### DIRECTIONS
Wherever a line in the data below holds "Prelude", copy that line.

** DATA SHOWN follows **

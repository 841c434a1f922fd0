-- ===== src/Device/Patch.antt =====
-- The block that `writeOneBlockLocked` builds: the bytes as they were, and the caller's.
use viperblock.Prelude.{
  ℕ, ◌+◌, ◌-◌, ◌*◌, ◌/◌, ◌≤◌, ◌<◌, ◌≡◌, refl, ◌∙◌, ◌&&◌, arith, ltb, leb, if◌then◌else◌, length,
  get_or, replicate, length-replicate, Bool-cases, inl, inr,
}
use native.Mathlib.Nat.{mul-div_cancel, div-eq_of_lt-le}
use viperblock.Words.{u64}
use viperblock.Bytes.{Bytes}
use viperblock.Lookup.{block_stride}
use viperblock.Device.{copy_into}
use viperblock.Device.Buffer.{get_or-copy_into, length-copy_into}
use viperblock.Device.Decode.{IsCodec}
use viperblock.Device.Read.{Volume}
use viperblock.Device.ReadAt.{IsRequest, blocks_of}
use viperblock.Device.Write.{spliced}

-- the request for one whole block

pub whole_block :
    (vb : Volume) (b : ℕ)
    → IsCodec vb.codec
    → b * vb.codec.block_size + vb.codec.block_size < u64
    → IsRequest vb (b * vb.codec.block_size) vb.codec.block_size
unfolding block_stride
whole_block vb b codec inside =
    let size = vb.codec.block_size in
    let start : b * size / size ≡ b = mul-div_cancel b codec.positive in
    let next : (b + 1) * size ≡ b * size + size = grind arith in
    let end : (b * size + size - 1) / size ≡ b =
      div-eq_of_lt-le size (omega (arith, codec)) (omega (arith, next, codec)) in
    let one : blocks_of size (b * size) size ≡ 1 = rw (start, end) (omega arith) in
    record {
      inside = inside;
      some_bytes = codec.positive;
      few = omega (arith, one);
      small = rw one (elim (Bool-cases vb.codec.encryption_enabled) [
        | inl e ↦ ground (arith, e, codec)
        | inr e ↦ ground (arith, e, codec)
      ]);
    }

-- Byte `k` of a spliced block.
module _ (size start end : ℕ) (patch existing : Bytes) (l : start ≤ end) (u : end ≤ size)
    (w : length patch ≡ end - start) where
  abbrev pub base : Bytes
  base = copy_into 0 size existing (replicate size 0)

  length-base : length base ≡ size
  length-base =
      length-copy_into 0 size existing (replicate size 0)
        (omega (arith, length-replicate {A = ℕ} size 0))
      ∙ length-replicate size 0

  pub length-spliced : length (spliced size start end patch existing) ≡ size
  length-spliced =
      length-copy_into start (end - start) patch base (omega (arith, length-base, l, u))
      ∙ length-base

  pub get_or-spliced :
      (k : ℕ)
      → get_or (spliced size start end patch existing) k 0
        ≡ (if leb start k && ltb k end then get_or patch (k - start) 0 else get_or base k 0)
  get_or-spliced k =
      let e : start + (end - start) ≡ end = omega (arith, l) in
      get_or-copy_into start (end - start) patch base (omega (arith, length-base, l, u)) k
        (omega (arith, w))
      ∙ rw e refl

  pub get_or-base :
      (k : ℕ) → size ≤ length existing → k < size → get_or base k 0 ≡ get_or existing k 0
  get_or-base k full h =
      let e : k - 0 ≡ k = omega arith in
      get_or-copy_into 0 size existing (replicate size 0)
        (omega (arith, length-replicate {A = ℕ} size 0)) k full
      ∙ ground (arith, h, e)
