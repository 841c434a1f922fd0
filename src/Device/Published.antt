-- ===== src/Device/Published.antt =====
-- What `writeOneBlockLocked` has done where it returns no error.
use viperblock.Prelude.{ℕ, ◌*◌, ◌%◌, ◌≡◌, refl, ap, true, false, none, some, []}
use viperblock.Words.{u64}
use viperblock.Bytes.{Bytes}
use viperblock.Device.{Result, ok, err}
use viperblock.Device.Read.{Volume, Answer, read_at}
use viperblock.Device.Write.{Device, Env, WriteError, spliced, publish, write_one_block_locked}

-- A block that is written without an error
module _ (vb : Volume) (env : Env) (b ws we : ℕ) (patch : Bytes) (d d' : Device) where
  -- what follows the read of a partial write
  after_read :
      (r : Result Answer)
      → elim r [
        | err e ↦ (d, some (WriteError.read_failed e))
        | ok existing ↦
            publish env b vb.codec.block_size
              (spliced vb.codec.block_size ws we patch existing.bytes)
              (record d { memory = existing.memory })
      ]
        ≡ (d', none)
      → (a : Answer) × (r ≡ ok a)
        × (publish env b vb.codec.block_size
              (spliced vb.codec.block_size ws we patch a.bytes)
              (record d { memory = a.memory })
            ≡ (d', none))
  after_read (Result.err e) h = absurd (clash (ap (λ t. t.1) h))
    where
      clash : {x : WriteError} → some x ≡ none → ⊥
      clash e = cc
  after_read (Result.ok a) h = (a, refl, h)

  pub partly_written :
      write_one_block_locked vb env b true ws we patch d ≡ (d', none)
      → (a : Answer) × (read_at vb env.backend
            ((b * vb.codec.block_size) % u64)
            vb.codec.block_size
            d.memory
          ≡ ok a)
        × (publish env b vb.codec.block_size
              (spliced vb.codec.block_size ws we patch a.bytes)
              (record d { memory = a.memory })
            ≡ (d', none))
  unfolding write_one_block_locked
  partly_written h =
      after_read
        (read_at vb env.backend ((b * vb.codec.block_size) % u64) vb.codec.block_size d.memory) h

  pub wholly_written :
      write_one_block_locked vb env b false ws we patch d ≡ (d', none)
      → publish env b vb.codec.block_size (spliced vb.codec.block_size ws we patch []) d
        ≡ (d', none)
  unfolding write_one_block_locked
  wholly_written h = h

** End of DATA SHOWN **

### TASK SOLUTION
use viperblock.Prelude.{
use viperblock.Prelude.{ℕ, ◌*◌, ◌%◌, ◌≡◌, refl, ap, true, false, none, some, []}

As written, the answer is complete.